## [Assignment]
With the first line as the start and the line containing "pub mod Listing" as the end, write out every line of the records exactly.

## [Data for this exercise]
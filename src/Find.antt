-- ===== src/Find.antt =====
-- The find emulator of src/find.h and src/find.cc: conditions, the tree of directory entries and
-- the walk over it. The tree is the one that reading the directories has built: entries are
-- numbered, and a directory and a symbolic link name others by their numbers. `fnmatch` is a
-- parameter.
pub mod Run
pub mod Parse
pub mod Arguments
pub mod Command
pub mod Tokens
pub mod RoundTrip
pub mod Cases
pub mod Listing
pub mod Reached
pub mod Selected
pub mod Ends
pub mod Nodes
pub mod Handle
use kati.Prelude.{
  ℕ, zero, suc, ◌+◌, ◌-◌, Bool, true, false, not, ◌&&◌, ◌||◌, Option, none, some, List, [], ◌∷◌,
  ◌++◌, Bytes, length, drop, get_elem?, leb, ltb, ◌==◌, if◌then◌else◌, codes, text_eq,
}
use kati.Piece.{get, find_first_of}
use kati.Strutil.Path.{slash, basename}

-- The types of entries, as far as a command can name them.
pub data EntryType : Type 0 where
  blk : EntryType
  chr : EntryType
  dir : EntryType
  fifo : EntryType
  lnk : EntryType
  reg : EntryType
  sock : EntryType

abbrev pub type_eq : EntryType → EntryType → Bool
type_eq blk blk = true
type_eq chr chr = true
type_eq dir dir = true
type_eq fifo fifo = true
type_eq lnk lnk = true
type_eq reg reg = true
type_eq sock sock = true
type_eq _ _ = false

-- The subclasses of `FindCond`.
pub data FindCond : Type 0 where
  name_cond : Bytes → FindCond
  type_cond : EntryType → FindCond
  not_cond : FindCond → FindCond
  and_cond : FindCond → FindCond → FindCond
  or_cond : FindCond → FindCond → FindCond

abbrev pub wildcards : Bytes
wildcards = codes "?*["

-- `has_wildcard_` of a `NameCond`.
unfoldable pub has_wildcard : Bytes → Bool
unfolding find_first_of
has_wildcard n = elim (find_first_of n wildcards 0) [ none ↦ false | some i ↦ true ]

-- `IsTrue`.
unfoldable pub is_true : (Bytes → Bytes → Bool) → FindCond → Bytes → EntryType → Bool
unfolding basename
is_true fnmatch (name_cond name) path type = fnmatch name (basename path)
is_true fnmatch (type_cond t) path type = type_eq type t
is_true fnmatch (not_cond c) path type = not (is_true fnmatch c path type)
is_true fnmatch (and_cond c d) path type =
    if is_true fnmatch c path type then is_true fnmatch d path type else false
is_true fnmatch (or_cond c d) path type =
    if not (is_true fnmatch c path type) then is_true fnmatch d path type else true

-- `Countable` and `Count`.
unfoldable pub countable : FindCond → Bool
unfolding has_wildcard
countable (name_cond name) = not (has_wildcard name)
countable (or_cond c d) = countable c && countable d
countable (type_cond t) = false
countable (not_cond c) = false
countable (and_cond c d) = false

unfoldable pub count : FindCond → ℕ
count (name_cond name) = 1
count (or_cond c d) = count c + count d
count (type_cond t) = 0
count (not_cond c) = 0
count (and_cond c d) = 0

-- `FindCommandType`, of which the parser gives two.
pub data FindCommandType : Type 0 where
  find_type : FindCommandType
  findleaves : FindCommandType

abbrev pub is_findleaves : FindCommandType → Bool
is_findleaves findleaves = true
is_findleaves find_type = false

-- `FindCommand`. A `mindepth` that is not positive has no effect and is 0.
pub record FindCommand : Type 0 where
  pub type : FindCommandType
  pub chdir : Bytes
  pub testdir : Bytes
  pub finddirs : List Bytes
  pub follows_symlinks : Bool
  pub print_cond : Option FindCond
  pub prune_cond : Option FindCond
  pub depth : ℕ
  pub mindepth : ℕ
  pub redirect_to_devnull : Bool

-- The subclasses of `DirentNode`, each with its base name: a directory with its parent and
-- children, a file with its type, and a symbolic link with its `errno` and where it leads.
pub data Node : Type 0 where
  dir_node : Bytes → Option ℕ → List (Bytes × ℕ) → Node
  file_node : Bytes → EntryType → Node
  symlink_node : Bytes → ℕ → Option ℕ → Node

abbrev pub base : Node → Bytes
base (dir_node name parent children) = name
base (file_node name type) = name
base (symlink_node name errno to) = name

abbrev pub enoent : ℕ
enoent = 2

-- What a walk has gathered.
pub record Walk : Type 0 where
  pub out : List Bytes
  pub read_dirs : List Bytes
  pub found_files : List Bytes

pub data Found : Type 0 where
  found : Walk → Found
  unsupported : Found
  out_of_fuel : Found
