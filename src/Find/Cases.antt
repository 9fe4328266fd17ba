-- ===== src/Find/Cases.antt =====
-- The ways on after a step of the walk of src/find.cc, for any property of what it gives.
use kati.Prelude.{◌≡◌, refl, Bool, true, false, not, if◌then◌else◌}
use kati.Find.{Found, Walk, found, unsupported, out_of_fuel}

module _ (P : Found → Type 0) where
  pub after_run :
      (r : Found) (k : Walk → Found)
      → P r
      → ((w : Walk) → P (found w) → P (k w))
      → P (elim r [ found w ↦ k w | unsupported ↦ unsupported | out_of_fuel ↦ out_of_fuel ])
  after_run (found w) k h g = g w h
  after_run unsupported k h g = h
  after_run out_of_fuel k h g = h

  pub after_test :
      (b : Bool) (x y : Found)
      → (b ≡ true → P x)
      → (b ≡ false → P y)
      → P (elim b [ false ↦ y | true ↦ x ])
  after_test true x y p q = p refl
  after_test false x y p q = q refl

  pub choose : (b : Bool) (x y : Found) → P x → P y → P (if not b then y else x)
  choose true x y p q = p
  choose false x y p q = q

## [Result of the task]
filename src/Find.antt
-- ===== src/Find.antt =====
-- The find emulator of src/find.h and src/find.cc: conditions, the tree of directory entries and
-- the walk over it. The tree is the one that reading the directories has built: entries are
-- numbered, and a directory and a symbolic link name others by their numbers. `fnmatch` is a
-- parameter.
pub mod Run
pub mod Parse
pub mod Arguments
pub mod Command
pub mod Tokens
pub mod RoundTrip
pub mod Cases
pub mod Listing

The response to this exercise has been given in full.